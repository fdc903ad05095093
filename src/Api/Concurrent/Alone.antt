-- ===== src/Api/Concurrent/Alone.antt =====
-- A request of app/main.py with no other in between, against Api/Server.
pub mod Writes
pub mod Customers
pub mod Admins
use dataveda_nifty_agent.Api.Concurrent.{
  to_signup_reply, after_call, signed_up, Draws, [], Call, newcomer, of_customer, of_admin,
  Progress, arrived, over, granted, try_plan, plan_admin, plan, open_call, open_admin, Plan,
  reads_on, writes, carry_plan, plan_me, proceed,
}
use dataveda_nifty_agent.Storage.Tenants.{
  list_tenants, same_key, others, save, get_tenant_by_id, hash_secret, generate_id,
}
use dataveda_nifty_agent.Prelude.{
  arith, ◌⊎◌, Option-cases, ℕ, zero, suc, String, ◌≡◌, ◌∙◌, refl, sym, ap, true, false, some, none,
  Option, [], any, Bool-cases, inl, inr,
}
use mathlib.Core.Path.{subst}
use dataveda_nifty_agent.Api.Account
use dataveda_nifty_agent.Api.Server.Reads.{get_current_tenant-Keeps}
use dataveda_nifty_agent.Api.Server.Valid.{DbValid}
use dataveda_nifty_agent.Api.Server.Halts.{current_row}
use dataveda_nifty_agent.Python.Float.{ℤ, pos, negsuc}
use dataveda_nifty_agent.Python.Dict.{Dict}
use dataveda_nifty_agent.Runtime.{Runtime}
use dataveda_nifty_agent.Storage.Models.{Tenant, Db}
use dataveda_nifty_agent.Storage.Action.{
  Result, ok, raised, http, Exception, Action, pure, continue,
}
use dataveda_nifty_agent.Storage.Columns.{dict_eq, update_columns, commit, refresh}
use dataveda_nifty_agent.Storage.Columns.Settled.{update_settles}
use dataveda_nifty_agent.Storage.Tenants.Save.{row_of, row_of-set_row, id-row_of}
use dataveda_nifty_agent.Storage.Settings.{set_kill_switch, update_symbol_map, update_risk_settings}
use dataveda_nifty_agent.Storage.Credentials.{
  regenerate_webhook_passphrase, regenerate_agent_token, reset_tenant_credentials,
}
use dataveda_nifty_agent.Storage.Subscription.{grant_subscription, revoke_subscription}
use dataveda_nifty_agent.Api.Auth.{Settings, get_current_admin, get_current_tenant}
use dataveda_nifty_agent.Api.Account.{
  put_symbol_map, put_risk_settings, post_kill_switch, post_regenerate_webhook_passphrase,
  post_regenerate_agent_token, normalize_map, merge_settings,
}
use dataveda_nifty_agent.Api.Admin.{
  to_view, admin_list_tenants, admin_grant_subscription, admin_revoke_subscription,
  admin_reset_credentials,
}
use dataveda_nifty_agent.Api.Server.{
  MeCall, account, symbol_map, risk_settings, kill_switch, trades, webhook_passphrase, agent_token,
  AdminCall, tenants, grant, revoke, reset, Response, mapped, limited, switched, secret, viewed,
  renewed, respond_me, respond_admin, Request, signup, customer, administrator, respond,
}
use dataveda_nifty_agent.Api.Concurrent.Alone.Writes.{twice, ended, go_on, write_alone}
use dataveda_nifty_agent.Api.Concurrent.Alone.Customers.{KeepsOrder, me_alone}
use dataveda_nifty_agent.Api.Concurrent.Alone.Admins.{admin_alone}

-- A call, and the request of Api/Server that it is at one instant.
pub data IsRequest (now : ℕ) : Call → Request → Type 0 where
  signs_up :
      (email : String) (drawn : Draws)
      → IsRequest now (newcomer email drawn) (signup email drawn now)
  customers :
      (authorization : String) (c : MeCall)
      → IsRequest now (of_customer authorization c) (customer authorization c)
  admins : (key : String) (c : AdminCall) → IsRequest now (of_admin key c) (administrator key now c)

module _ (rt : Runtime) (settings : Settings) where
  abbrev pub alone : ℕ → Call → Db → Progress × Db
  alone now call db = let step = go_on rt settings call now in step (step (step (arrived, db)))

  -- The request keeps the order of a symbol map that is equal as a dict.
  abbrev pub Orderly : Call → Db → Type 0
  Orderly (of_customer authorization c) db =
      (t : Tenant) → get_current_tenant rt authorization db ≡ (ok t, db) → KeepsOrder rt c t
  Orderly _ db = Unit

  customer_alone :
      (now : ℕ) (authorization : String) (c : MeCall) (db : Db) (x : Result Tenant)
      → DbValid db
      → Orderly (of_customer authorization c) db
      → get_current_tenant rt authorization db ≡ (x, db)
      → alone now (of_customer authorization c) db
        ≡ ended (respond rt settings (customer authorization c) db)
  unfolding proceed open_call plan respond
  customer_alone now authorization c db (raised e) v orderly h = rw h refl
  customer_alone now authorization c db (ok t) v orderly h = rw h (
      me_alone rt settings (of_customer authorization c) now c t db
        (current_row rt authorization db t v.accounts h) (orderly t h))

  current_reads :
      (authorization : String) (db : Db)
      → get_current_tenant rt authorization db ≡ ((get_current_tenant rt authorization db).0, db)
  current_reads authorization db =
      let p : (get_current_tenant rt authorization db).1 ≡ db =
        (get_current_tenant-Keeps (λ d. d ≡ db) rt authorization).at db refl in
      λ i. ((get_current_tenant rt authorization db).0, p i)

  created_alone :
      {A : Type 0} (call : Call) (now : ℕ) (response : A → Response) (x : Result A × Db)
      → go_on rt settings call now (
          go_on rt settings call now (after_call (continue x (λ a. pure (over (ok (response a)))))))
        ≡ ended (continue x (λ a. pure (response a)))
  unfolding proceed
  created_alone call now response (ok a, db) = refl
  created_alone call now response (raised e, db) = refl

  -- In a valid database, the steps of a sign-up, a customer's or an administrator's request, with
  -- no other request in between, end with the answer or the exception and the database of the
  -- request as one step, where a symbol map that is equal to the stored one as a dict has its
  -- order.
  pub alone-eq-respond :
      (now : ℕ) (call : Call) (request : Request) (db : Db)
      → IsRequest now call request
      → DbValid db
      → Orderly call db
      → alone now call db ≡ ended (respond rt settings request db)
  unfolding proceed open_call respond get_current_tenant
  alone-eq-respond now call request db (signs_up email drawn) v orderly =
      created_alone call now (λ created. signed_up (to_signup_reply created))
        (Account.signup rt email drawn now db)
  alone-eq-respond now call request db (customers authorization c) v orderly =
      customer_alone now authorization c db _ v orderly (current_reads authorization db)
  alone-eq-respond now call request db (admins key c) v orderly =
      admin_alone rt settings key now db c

---

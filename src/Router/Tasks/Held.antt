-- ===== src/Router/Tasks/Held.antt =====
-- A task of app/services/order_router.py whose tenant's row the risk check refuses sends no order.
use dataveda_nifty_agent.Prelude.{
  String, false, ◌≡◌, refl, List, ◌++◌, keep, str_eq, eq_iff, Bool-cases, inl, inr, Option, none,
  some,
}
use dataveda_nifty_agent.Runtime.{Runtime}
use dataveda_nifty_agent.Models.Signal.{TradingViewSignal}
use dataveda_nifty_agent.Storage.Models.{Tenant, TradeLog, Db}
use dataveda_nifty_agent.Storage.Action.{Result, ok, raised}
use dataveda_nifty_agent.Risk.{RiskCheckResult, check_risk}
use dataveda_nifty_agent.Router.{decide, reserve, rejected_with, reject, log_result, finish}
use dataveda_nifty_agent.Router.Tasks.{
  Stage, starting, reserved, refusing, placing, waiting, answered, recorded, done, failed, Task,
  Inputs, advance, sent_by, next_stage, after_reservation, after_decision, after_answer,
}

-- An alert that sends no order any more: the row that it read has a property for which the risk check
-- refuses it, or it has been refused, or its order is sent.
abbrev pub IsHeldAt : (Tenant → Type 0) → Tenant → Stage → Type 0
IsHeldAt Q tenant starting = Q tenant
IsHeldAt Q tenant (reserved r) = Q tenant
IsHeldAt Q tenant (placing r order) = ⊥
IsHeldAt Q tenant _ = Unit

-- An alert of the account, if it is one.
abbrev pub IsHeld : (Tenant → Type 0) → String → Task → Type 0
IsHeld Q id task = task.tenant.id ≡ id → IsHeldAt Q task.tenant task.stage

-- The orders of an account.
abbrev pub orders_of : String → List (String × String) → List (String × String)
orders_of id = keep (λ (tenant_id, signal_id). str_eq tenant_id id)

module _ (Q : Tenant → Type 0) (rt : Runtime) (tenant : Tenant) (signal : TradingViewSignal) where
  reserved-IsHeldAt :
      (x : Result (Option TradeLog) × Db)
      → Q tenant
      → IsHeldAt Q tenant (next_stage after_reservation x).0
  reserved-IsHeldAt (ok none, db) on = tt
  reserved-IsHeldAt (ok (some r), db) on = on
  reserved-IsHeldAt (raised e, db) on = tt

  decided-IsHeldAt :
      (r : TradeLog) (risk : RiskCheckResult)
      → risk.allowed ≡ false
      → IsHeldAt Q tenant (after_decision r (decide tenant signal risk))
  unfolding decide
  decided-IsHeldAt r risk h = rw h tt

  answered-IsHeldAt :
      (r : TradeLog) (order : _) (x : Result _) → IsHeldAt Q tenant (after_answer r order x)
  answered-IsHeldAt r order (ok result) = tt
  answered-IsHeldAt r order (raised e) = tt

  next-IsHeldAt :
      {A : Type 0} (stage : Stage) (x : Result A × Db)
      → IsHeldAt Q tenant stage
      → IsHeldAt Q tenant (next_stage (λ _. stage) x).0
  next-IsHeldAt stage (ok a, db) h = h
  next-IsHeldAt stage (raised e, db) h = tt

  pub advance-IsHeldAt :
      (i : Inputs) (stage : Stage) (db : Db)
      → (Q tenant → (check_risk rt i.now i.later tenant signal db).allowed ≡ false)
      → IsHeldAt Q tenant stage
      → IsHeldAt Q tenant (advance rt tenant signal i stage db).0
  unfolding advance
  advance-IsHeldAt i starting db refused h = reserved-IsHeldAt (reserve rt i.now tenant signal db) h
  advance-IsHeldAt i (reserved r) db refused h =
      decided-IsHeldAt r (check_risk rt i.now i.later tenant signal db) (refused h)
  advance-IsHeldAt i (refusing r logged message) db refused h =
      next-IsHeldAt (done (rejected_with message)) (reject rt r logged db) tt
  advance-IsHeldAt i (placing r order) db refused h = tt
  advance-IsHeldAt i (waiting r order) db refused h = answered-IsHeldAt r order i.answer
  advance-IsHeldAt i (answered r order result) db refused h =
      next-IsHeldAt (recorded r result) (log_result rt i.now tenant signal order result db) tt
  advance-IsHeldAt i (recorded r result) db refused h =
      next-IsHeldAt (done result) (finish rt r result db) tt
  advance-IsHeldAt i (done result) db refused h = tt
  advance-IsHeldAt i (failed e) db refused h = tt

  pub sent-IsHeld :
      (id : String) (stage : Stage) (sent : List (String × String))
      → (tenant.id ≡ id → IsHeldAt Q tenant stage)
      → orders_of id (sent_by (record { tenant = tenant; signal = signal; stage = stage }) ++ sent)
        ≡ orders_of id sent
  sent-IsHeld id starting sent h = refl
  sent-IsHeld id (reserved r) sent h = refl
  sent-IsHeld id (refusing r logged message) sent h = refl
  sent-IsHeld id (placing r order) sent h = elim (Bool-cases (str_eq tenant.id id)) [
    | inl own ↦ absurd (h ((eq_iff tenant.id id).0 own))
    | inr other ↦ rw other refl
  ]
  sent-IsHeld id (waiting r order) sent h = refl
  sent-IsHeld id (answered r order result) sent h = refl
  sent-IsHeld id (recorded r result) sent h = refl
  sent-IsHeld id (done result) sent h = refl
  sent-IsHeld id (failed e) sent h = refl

---

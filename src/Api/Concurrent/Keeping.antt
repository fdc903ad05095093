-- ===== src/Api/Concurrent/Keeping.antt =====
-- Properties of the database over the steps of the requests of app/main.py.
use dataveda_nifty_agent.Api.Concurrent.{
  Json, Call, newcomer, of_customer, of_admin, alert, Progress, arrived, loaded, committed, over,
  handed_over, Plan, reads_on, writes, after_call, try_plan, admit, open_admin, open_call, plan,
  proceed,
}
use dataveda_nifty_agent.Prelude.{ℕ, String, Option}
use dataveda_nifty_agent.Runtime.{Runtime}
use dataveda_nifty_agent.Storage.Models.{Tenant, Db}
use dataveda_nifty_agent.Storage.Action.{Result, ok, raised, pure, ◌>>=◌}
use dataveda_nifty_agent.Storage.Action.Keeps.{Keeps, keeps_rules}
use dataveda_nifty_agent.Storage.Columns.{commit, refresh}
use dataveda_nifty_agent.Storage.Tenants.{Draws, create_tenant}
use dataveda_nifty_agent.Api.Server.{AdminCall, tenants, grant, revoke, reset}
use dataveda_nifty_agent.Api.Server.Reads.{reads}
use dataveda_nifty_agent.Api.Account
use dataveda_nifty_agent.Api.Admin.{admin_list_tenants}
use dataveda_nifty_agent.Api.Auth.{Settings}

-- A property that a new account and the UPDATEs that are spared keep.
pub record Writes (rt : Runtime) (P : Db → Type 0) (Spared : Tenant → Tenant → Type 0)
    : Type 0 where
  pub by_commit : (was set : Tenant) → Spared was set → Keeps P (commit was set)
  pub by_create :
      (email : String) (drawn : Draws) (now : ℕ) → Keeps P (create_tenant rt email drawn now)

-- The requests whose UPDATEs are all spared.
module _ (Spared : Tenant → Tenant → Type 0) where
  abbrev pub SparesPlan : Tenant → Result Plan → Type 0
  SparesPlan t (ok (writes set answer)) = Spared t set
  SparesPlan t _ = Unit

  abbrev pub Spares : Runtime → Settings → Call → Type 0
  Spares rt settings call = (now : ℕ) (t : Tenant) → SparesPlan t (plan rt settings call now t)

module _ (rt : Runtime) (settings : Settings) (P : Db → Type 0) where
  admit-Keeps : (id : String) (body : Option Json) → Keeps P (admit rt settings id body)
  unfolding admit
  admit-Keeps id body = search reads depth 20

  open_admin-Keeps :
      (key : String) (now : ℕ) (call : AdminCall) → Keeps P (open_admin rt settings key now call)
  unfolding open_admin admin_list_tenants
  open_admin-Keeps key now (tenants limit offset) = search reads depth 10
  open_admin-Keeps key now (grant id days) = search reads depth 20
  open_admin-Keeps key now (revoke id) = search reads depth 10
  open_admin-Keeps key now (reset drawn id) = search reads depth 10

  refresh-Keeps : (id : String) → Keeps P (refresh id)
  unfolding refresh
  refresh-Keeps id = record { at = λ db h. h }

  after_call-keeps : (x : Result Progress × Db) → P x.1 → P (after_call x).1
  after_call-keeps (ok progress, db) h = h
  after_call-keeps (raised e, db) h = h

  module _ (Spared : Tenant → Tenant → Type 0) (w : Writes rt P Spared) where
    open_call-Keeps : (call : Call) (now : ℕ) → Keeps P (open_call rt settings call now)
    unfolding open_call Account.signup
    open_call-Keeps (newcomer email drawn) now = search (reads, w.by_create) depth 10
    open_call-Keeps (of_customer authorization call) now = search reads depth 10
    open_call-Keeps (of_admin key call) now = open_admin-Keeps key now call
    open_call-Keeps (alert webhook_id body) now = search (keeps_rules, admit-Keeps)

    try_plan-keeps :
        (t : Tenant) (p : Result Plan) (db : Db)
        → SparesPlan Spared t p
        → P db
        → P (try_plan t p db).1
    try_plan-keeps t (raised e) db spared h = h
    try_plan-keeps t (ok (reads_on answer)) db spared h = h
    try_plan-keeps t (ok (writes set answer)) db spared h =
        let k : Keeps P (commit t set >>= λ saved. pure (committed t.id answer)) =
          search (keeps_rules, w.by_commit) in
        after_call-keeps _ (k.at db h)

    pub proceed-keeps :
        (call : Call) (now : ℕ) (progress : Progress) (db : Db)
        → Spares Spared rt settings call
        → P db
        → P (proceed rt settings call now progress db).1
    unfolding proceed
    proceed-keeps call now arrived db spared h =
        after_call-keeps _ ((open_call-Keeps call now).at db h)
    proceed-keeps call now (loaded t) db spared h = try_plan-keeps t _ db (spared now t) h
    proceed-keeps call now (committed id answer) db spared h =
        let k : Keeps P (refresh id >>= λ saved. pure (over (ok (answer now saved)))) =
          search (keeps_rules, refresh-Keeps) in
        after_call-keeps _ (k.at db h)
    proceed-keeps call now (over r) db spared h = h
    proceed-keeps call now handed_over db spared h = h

---

__EXERCISE__. Please transcribe exactly the lines above from the line that has "search (keeps_rules, w.by_commit)" up to and including the line that has "proceed-keeps call now handed_over"; no other line belongs in the answer.

__PROBLEM SOLUTION__.
          search (keeps_rules, w.by_commit) in
        after_call-keeps _ (k.at db h)

    pub proceed-keeps :
        (call : Call) (now : ℕ) (progress : Progress) (db : Db)
        → Spares Spared rt settings call
        → P db
        → P (proceed rt settings call now progress db).1
    unfolding proceed
    proceed-keeps call now arrived db spared h =
        after_call-keeps _ ((open_call-Keeps call now).at db h)
    proceed-keeps call now (loaded t) db spared h = try_plan-keeps t _ db (spared now t) h
    proceed-keeps call now (committed id answer) db spared h =
        let k : Keeps P (refresh id >>= λ saved. pure (over (ok (answer now saved)))) =
          search (keeps_rules, refresh-Keeps) in
        after_call-keeps _ (k.at db h)
    proceed-keeps call now (over r) db spared h = h
    proceed-keeps call now handed_over db spared h = h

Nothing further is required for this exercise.